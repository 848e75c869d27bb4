-- ===== src/ToolLedger/Evict.antt =====
-- What `_evict` can remove from a store.
use durallm.Common.{
  ℕ, zero, suc, ◌-◌, ◌≤◌, ◌<◌, ◌≡◌, refl, false, Option, none, some, String, [], ◌∷◌, ◌++◌, length,
  drop, string_eq, eq_iff, arith, Bool-cases, inl, inr, Option-cases, length-drop, length-append,
}
use durallm.Common.Dict
use durallm.Common.Dict.{Dict}
use durallm.ToolLedger.{expired, evict_expired, evict_store}

module _ {V : Type 0} (stamp : V → ℕ) (ttl : Option ℕ) (now : ℕ) where
  -- An entry that is not expired survives the first loop.
  lookup-evict_expired :
      (k : String) (v : V) (d : Dict String V)
      → Dict.lookup k d ≡ some v
      → expired ttl now (stamp v) ≡ false
      → Dict.lookup k (evict_expired stamp ttl now d) ≡ some v
  unfolding evict_expired Dict.lookup
  lookup-evict_expired k v [] h fresh = cc
  lookup-evict_expired k v ((j, w) ∷ d) h fresh = elim (Bool-cases (expired ttl now (stamp w))) [
    | inl old ↦ rw old (lookup-evict_expired k v d (ground arith) fresh)
    | inr young ↦ rw young h
  ]

  evict_expired-append :
      (k : String) (v : V) (d : Dict String V)
      → expired ttl now (stamp v) ≡ false
      → evict_expired stamp ttl now (d ++ (k, v) ∷ [])
        ≡ evict_expired stamp ttl now d ++ (k, v) ∷ []
  unfolding evict_expired
  evict_expired-append k v [] fresh = rw fresh
  evict_expired-append k v ((j, w) ∷ d) fresh = elim (Bool-cases (expired ttl now (stamp w))) [
    | inl old ↦ rw old (evict_expired-append k v d fresh)
    | inr young ↦ rw young
  ]

  length-evict_expired : (d : Dict String V) → length (evict_expired stamp ttl now d) ≤ length d
  unfolding evict_expired
  length-evict_expired [] = omega arith
  length-evict_expired ((j, w) ∷ d) = ground (arith, length-evict_expired d)

-- An absent key is appended.
insert-append :
    {V : Type 0} (k : String) (v : V) (d : Dict String V)
    → Dict.lookup k d ≡ none
    → Dict.insert k v d ≡ d ++ (k, v) ∷ []
unfolding Dict.insert Dict.lookup
insert-append k v [] h = refl
insert-append k v ((j, w) ∷ d) h = ground (arith, insert-append k v d)

pub length-insert_present :
    {V : Type 0} (k : String) (v w : V) (d : Dict String V)
    → Dict.lookup k d ≡ some w
    → length (Dict.insert k v d) ≡ length d
unfolding Dict.insert Dict.lookup
length-insert_present k v w [] h = cc
length-insert_present k v w ((j, u) ∷ d) h = ground (arith, length-insert_present k v w d)

lookup-drop-append :
    {V : Type 0} (n : ℕ) (k : String) (v : V) (d : Dict String V)
    → n ≤ length d
    → Dict.lookup k d ≡ none
    → Dict.lookup k (drop n (d ++ (k, v) ∷ [])) ≡ some v
unfolding Dict.lookup
lookup-drop-append zero k v [] h absent = ground (arith, eq_iff k k)
lookup-drop-append zero k v ((j, w) ∷ d) h absent =
    ground (arith, eq_iff k k, lookup-drop-append 0 k v d)
lookup-drop-append (suc n) k v [] h absent = absurd (omega arith)
lookup-drop-append (suc n) k v ((j, w) ∷ d) h absent =
    lookup-drop-append n k v d (omega arith) (ground arith)

lookup-evict_expired-none :
    {V : Type 0} (stamp : V → ℕ) (ttl : Option ℕ) (now : ℕ) (k : String) (d : Dict String V)
    → Dict.lookup k d ≡ none
    → Dict.lookup k (evict_expired stamp ttl now d) ≡ none
unfolding evict_expired Dict.lookup
lookup-evict_expired-none stamp ttl now k [] h = refl
lookup-evict_expired-none stamp ttl now k ((j, w) ∷ d) h =
    ground (arith, lookup-evict_expired-none stamp ttl now k d)

-- What was just stored under a key survives `_evict`, if it is not expired, the store was within
-- its bound and the bound is not 0.
pub lookup-evict-insert :
    {V : Type 0} (stamp : V → ℕ) (ttl : Option ℕ) (max_records now : ℕ) (k : String) (v : V)
    (d : Dict String V)
    → length d ≤ max_records
    → 0 < max_records
    → expired ttl now (stamp v) ≡ false
    → Dict.lookup k (evict_store stamp ttl max_records now (Dict.insert k v d)) ≡ some v
unfolding evict_store
lookup-evict-insert stamp ttl max_records now k v d fits pos fresh =
    elim (Option-cases (Dict.lookup k d)) [
      | inl absent ↦
          let kept = evict_expired stamp ttl now d in
          rw (insert-append k v d absent) (
            rw (evict_expired-append stamp ttl now k v d fresh) (
              lookup-drop-append (length (kept ++ (k, v) ∷ []) - max_records) k v kept
                (omega
                  (arith, length-append kept ((k, v) ∷ []), length-evict_expired stamp ttl now d))
                (lookup-evict_expired-none stamp ttl now k d absent)))
      | inr (w, present) ↦
          let kept = evict_expired stamp ttl now (Dict.insert k v d) in
          let e : length kept - max_records ≡ 0 = omega (
            arith,
            length-insert_present k v w d present,
            length-evict_expired stamp ttl now (Dict.insert k v d),
          ) in
          rw e (
            lookup-evict_expired stamp ttl now k v (Dict.insert k v d)
              (Dict.lookup-insert_self k v d) fresh)
    ]

pub length-evict_store :
    {V : Type 0} (stamp : V → ℕ) (ttl : Option ℕ) (max_records now : ℕ) (d : Dict String V)
    → length (evict_store stamp ttl max_records now d) ≤ max_records
unfolding evict_store
length-evict_store stamp ttl max_records now d =
    let kept = evict_expired stamp ttl now d in
    omega (arith, length-drop (length kept - max_records) kept)

-- In a store within its bound an entry that is not expired survives `_evict`.
pub lookup-evict_store :
    {V : Type 0} (stamp : V → ℕ) (ttl : Option ℕ) (max_records now : ℕ) (k : String) (v : V)
    (d : Dict String V)
    → length d ≤ max_records
    → Dict.lookup k d ≡ some v
    → expired ttl now (stamp v) ≡ false
    → Dict.lookup k (evict_store stamp ttl max_records now d) ≡ some v
unfolding evict_store
lookup-evict_store stamp ttl max_records now k v d fits found fresh =
    let kept = evict_expired stamp ttl now d in
    let e : length kept - max_records ≡ 0 = omega (arith, length-evict_expired stamp ttl now d) in
    rw e (lookup-evict_expired stamp ttl now k v d found fresh)
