-- ===== src/ToolLedger/Persistence.antt =====
-- A receipt in the ledger of durallm/agent/idempotency.py after its commit.
use durallm.Common.{
  ℕ, ◌≤◌, ◌<◌, ◌≡◌, refl, ap, ◌∙◌, inl, inr, false, Option, none, some, String, List, [], ◌∷◌,
  length, string_eq, arith, Option-cases, All,
}
use durallm.Common.Dict
use durallm.ToolLedger
use durallm.ToolLedger.{
  ToolExecutionLedger, ToolExecutionRecord, get_record, record_key, expired, evict, stamped,
  fresh_receipt, update_record, receipt_at, mark_committed, register_tool_call,
}
use durallm.ToolLedger.Evict.{lookup-evict-insert, lookup-evict_store, length-evict_store}
use durallm.ToolLedger.Calls.{
  LedgerOp, register, validate, submit, commit, replay, lose, fail, step, run,
}

fresh_receipt-some :
    {Receipt : Type 0} (ttl : Option ℕ) (t : ℕ) (receipt : Receipt) (stamp : ℕ)
    → expired ttl t stamp ≡ false
    → fresh_receipt ttl t (some (receipt, stamp)) ≡ some receipt
unfolding fresh_receipt
fresh_receipt-some ttl t receipt stamp fresh = rw fresh

earlier :
    (o : Option ℕ) (ev t stamp : ℕ)
    → ev ≤ t
    → expired o t stamp ≡ false
    → expired o ev stamp ≡ false
earlier none ev t stamp le h = refl
earlier (some n) ev t stamp le h = ground arith

-- A call before a time that commits nothing.
abbrev pub CommitsNothing : {Args Receipt : Type 0} → ℕ → LedgerOp Args Receipt → Type 0
CommitsNothing t (register id op tool args now ev) = ev ≤ t
CommitsNothing t (commit _ _ _ _ _) = ⊥
CommitsNothing t _ = Unit

module _ {Args Receipt : Type 0} (key : String) (receipt : Receipt) (now : ℕ) (ttl : Option ℕ) where
  -- The receipt is there, and the store is within its bound.
  record Holds (l : ToolExecutionLedger Args Receipt) : Type 0 where
    lives : l.ttl ≡ ttl
    entry : Dict.lookup key l.receipts_by_op_hash ≡ some (receipt, now)
    fits : length l.receipts_by_op_hash ≤ l.max_records

  update-Holds :
      (id : String) (f : ToolExecutionRecord Args Receipt → ToolExecutionRecord Args Receipt)
      (l : ToolExecutionLedger Args Receipt)
      → Holds l
      → Holds (update_record id f l)
  unfolding update_record
  update-Holds id f l h = elim (Option-cases (get_record id l)) [
    | inl absent ↦ rw (absent, update_record) h
    | inr (rec, present) ↦
        rw (present, update_record) (record { lives = h.lives; entry = h.entry; fits = h.fits })
  ]

  evict-Holds :
      (ev : ℕ) (l : ToolExecutionLedger Args Receipt)
      → expired ttl ev now ≡ false
      → Holds l
      → Holds (evict ev l)
  unfolding evict
  evict-Holds ev l fresh h = record {
    lives = h.lives;
    entry =
        lookup-evict_store stamped l.ttl l.max_records ev key (receipt, now) l.receipts_by_op_hash
          h.fits h.entry (ap (λ o. expired o ev now) h.lives ∙ fresh);
    fits = length-evict_store stamped l.ttl l.max_records ev l.receipts_by_op_hash;
  }

  module _ (digest : Args → String) (t : ℕ) (fresh : expired ttl t now ≡ false) where
    register-Holds :
        (id op tool : String) (args : Args) (at ev : ℕ) (l : ToolExecutionLedger Args Receipt)
        → ev ≤ t
        → Holds l
        → Holds (register_tool_call digest id op tool args at ev l).1
    unfolding register_tool_call
    register-Holds id op tool args at ev l le h = elim (Option-cases (get_record id l)) [
      | inr (rec, present) ↦ rw (present, register_tool_call) h
      | inl absent ↦
          rw (absent, register_tool_call)
            (evict-Holds ev _ (earlier ttl ev t now le fresh)
              (record { lives = h.lives; entry = h.entry; fits = h.fits }))
    ]

    step-Holds :
        (op : LedgerOp Args Receipt) (l : ToolExecutionLedger Args Receipt)
        → CommitsNothing t op
        → Holds l
        → Holds (step digest op l)
    unfolding step ToolLedger.mark_validated ToolLedger.mark_submitted ToolLedger.mark_replayed
        ToolLedger.mark_indeterminate ToolLedger.mark_failed
    step-Holds (register id op tool args at ev) l le h = register-Holds id op tool args at ev l le h
    step-Holds (validate j wall) l q h = update-Holds j _ l h
    step-Holds (submit j wall) l q h = update-Holds j _ l h
    step-Holds (commit j r wall at ev) l q h = absurd q
    step-Holds (replay j r at) l q h = update-Holds j _ l h
    step-Holds (lose j reason wall) l q h = update-Holds j _ l h
    step-Holds (fail j message wall) l q h = update-Holds j _ l h

    run-Holds :
        (l : ToolExecutionLedger Args Receipt) (ops : List (LedgerOp Args Receipt))
        → All (CommitsNothing t) ops
        → Holds l
        → Holds (run digest l ops)
    unfolding run
    run-Holds l [] q h = h
    run-Holds l (op ∷ ops) q h = run-Holds (step digest op l) ops q.1 (step-Holds op l q.0 h)

    Holds-receipt_at :
        (l : ToolExecutionLedger Args Receipt) → Holds l → receipt_at key t l ≡ some receipt
    unfolding receipt_at
    Holds-receipt_at l h =
        ap (λ e. fresh_receipt l.ttl t e) h.entry
        ∙ fresh_receipt-some l.ttl t receipt now (ap (λ o. expired o t now) h.lives ∙ fresh)

module _ {Args Receipt : Type 0} (digest : Args → String) where
  committed-Holds :
      (id : String) (receipt : Receipt) (wall now ev : ℕ) (l : ToolExecutionLedger Args Receipt)
      (rec : ToolExecutionRecord Args Receipt)
      → get_record id l ≡ some rec
      → length l.receipts_by_op_hash ≤ l.max_records
      → 0 < l.max_records
      → expired l.ttl ev now ≡ false
      → Holds (record_key rec) receipt now l.ttl (mark_committed id receipt wall now ev l)
  unfolding mark_committed evict
  committed-Holds id receipt wall now ev l rec h fits pos fresh =
      rw (h, mark_committed)
        (record {
          lives = refl;
          entry =
              lookup-evict-insert stamped l.ttl l.max_records ev (record_key rec) (receipt, now)
                l.receipts_by_op_hash fits pos fresh;
          fits =
              length-evict_store stamped l.ttl l.max_records ev
                (Dict.insert (record_key rec) (receipt, now) l.receipts_by_op_hash);
        })

  -- After `mark_committed` of a registered call on a ledger whose receipts were within the bound,
  -- the ledger hands out the receipt for the key of that call until the time to live has passed,
  -- through any registrations, validations, submissions, replays, losses and failures made by then.
  -- Another `mark_committed` is not among the calls: it can evict the receipt or replace it.
  pub receipt_at-mark_committed :
      (id : String) (receipt : Receipt) (wall now ev t : ℕ) (l : ToolExecutionLedger Args Receipt)
      (rec : ToolExecutionRecord Args Receipt) (ops : List (LedgerOp Args Receipt))
      → get_record id l ≡ some rec
      → length l.receipts_by_op_hash ≤ l.max_records
      → 0 < l.max_records
      → expired l.ttl ev now ≡ false
      → expired l.ttl t now ≡ false
      → All (CommitsNothing t) ops
      → receipt_at (record_key rec) t (run digest (mark_committed id receipt wall now ev l) ops)
        ≡ some receipt
  receipt_at-mark_committed id receipt wall now ev t l rec ops h fits pos fresh fresh' quiet =
      Holds-receipt_at (record_key rec) receipt now l.ttl digest t fresh' _ (
        run-Holds (record_key rec) receipt now l.ttl digest t fresh'
          (mark_committed id receipt wall now ev l) ops quiet
          (committed-Holds id receipt wall now ev l rec h fits pos fresh))
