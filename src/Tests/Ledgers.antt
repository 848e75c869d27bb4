-- ===== src/Tests/Ledgers.antt =====
-- A payment that is registered, submitted and committed, in memory and in the database.
use durallm.Common.{
  ℕ, ◌+◌, ◌≤◌, ◌≡◌, refl, true, false, none, some, String, List, [], ◌∷◌, arith, max, string_eq,
  leb, if◌then◌else◌,
}
use durallm.Common.Dict
use durallm.ToolLedger
use durallm.ToolLedger.{
  ToolExecutionLedger, ToolExecutionRecord, proposed, submitted, committed, expired, get_record,
  record_key, receipt_at, op_key, has_indeterminate_operation,
}
use durallm.ToolLedger.Occurs.{Occurs}
use durallm.ToolLedger.Calls.{LedgerOp, register, validate, submit, commit, new_ledger, commits}
use durallm.ToolLedger.Calls
use durallm.ToolLedger.Receipts.{check_idempotency_sound}
use durallm.ToolLedger.Lifecycle.{indeterminate_blocks}
use durallm.ToolLedger.Persistence.{receipt_at-mark_committed}
use durallm.DurableStore
use durallm.DurableStore.Tables
use durallm.DurableStore.Tables.{
  OperationRow, StoredOperation, LeaseRow, Database, err, lease_unavailable, acquire_lease,
  lease_of,
}
use durallm.DurableStore.Calls as Store
use durallm.DurableStore.Advance.{row_at}
use durallm.DurableStore.Once.{
  submissions, submissions-le-one, IsCommittedWith, run-IsCommittedWith,
}
use durallm.DurableStore.Leases.{acquire_lease-fences}

-- A stand-in for the hash of the arguments.
abbrev digest : ℕ → String
digest arguments = if leb arguments 0 then "zero" else "more"

abbrev sha256 : String → String
sha256 text = text

abbrev calls : List (LedgerOp ℕ String)
calls = register "c1" "op" "pay" 5 10 10 ∷ submit "c1" 11 ∷ commit "c1" "paid" 12 12 12 ∷ []

abbrev empty : ToolExecutionLedger ℕ String
empty = new_ledger ℕ String 10 (some 100)

paid_again :
    ToolLedger.check_idempotency digest "op" "pay" 7 50 (Calls.run digest empty calls) ≡ some "paid"
unfolding ToolLedger.check_idempotency receipt_at Calls.run Calls.step ToolLedger.register_tool_call
    ToolLedger.mark_submitted ToolLedger.mark_committed ToolLedger.evict op_key Dict.lookup
    Dict.insert ToolLedger.evict_store ToolLedger.evict_expired
paid_again = refl

check_idempotency_sound_example :
    (stamp : ℕ) × Occurs (op_key "op" "pay" (digest 7)) ("paid", stamp) (commits digest empty calls)
    × (expired (some 100) 50 stamp ≡ false)
check_idempotency_sound_example =
    check_idempotency_sound digest 10 (some 100) calls "op" "pay" 7 50 "paid" paid_again

abbrev payment : ToolExecutionRecord ℕ String
payment = record {
  tool_call_id = "c1";
  logical_operation_id = "op";
  tool_name = "pay";
  arguments_hash = "more";
  arguments = 5;
  status = proposed;
  execution_receipt = none;
  created_at = 10;
  updated_at = 10;
  error_message = none;
}

abbrev registered : ToolExecutionLedger ℕ String
registered = record empty { records_by_call_id = ("c1", payment) ∷ [] }

receipt_at-mark_committed_example :
    receipt_at (record_key payment) 90 (
      Calls.run digest
        (ToolLedger.mark_committed "c1" "paid" 12 12 12 registered)
        (register "c2" "op2" "pay" 5 20 20 ∷ submit "c2" 21 ∷ []))
    ≡ some "paid"
unfolding Dict.lookup
receipt_at-mark_committed_example =
    receipt_at-mark_committed digest "c1" "paid" 12 12 12 90 registered payment
      (register "c2" "op2" "pay" 5 20 20 ∷ submit "c2" 21 ∷ []) refl (omega arith) (omega arith)
      refl refl (omega arith, (tt, tt))

indeterminate_blocks_example :
    (has_indeterminate_operation digest "op" "pay" 8
        (Calls.run digest (ToolLedger.mark_submitted "c1" 11 registered) (validate "c2" 12 ∷ []))
      ≡ true)
    × (has_indeterminate_operation digest "op" "pay" 8 (
          Calls.run digest
            (ToolLedger.mark_indeterminate "c1" "lost" 11 registered)
            (validate "c2" 12 ∷ []))
        ≡ true)
unfolding Dict.lookup
indeterminate_blocks_example =
    indeterminate_blocks digest "c1" "lost" 11 payment registered 8 (validate "c2" 12 ∷ []) refl
      refl (refl, tt)

abbrev row : OperationRow ℕ String
row = record {
  logical_operation_id = "op";
  tool_name = "pay";
  arguments_hash = "more";
  arguments = 5;
  status = proposed;
  execution_receipt = none;
  error_message = none;
  created_at = 10;
  updated_at = 10;
}

abbrev database : Database ℕ String
database = record { operations = ("k", row) ∷ []; calls = ("c1", "k") ∷ []; leases = [] }

-- Two workers submit the payment, the first loses its acknowledgement.
abbrev workers : List (Store.StoreOp ℕ String)
workers =
    Store.submit "c1" "one" 30 10 ∷ Store.recover "restart" 20 ∷ Store.submit "c1" "two" 30 50 ∷ []

submitted_once : submissions sha256 "k" database workers ≡ 1
unfolding submissions Store.step DurableStore.mark_operation_submitted acquire_lease
    Tables.lease_row Tables.store_lease Tables.operation_for_call Tables.joined Tables.found_row
    Tables.submittable DurableStore.recover_inflight_operations Dict.lookup Dict.insert
submitted_once = refl

submissions-le-one_example : submissions sha256 "k" database workers ≤ 1
submissions-le-one_example = submissions-le-one sha256 "k" database workers

abbrev settled : Database ℕ String
settled = record database {
  operations = ("k", record row { status = committed; execution_receipt = some "paid" }) ∷ [];
}

run-IsCommittedWith_example :
    IsCommittedWith (some "paid") (row_at "k" (Store.run sha256 settled workers))
unfolding Dict.lookup Tables.is_committed
run-IsCommittedWith_example =
    run-IsCommittedWith sha256 "k" (some "paid") settled workers (refl, refl)

abbrev held : LeaseRow
held = record { owner_id = "one"; fencing_token = 4; expires_at = 40 }

abbrev leased : Database ℕ String
leased = record database { leases = ("operation:k", held) ∷ [] }

abbrev found : StoredOperation ℕ String
found = record { operation_key = "k"; row = row }

-- Worker two takes the lease over, renews it, and lets it expire; then worker one has it again.
abbrev handovers : List (Store.StoreOp ℕ String)
handovers = Store.acquire "operation:k" "two" 30 50 ∷ Store.acquire "operation:k" "one" 30 90 ∷ []

abbrev handed : Database ℕ String
handed = Store.run sha256 (acquire_lease "operation:k" "two" 30 40 leased).1 handovers

acquire_lease-fences_example :
    ((acquire_lease "operation:k" "two" 30 40 leased).0
      ≡ some (record {
        resource = "operation:k";
        owner_id = "two";
        fencing_token = 4 + 1;
        expires_at = 40 + max 1 30;
      }))
    × ((receipt : String) (later stamp : ℕ)
        → DurableStore.mark_operation_committed "c1" "one" 4 receipt later stamp handed
          ≡ err lease_unavailable)
unfolding Tables.operation_for_call Tables.joined Tables.found_row Dict.lookup Dict.insert Store.run
    Store.step acquire_lease Tables.lease_row Tables.store_lease
acquire_lease-fences_example =
    acquire_lease-fences sha256 "operation:k" "c1" "one" "two" "k" 30 40 held leased handovers found
      refl refl refl (omega arith) (tt, (tt, tt)) refl refl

Task to carry out:
Reproduce, exactly as they stand in the data above, the lines from the one that holds "-- through any" to the one that holds "-- A payment", inclusive.

Final answer:
  -- through any registrations, validations, submissions, replays, losses and failures made by then.
  -- Another `mark_committed` is not among the calls: it can evict the receipt or replace it.
  pub receipt_at-mark_committed :
      (id : String) (receipt : Receipt) (wall now ev t : ℕ) (l : ToolExecutionLedger Args Receipt)
      (rec : ToolExecutionRecord Args Receipt) (ops : List (LedgerOp Args Receipt))
      → get_record id l ≡ some rec
      → length l.receipts_by_op_hash ≤ l.max_records
      → 0 < l.max_records
      → expired l.ttl ev now ≡ false
      → expired l.ttl t now ≡ false
      → All (CommitsNothing t) ops
      → receipt_at (record_key rec) t (run digest (mark_committed id receipt wall now ev l) ops)
        ≡ some receipt
  receipt_at-mark_committed id receipt wall now ev t l rec ops h fits pos fresh fresh' quiet =
      Holds-receipt_at (record_key rec) receipt now l.ttl digest t fresh' _ (
        run-Holds (record_key rec) receipt now l.ttl digest t fresh'
          (mark_committed id receipt wall now ev l) ops quiet
          (committed-Holds id receipt wall now ev l rec h fits pos fresh))
filename src/Tests/Ledgers.antt
repository 848e75c869d27bb4
-- ===== src/Tests/Ledgers.antt =====
-- A payment that is registered, submitted and committed, in memory and in the database.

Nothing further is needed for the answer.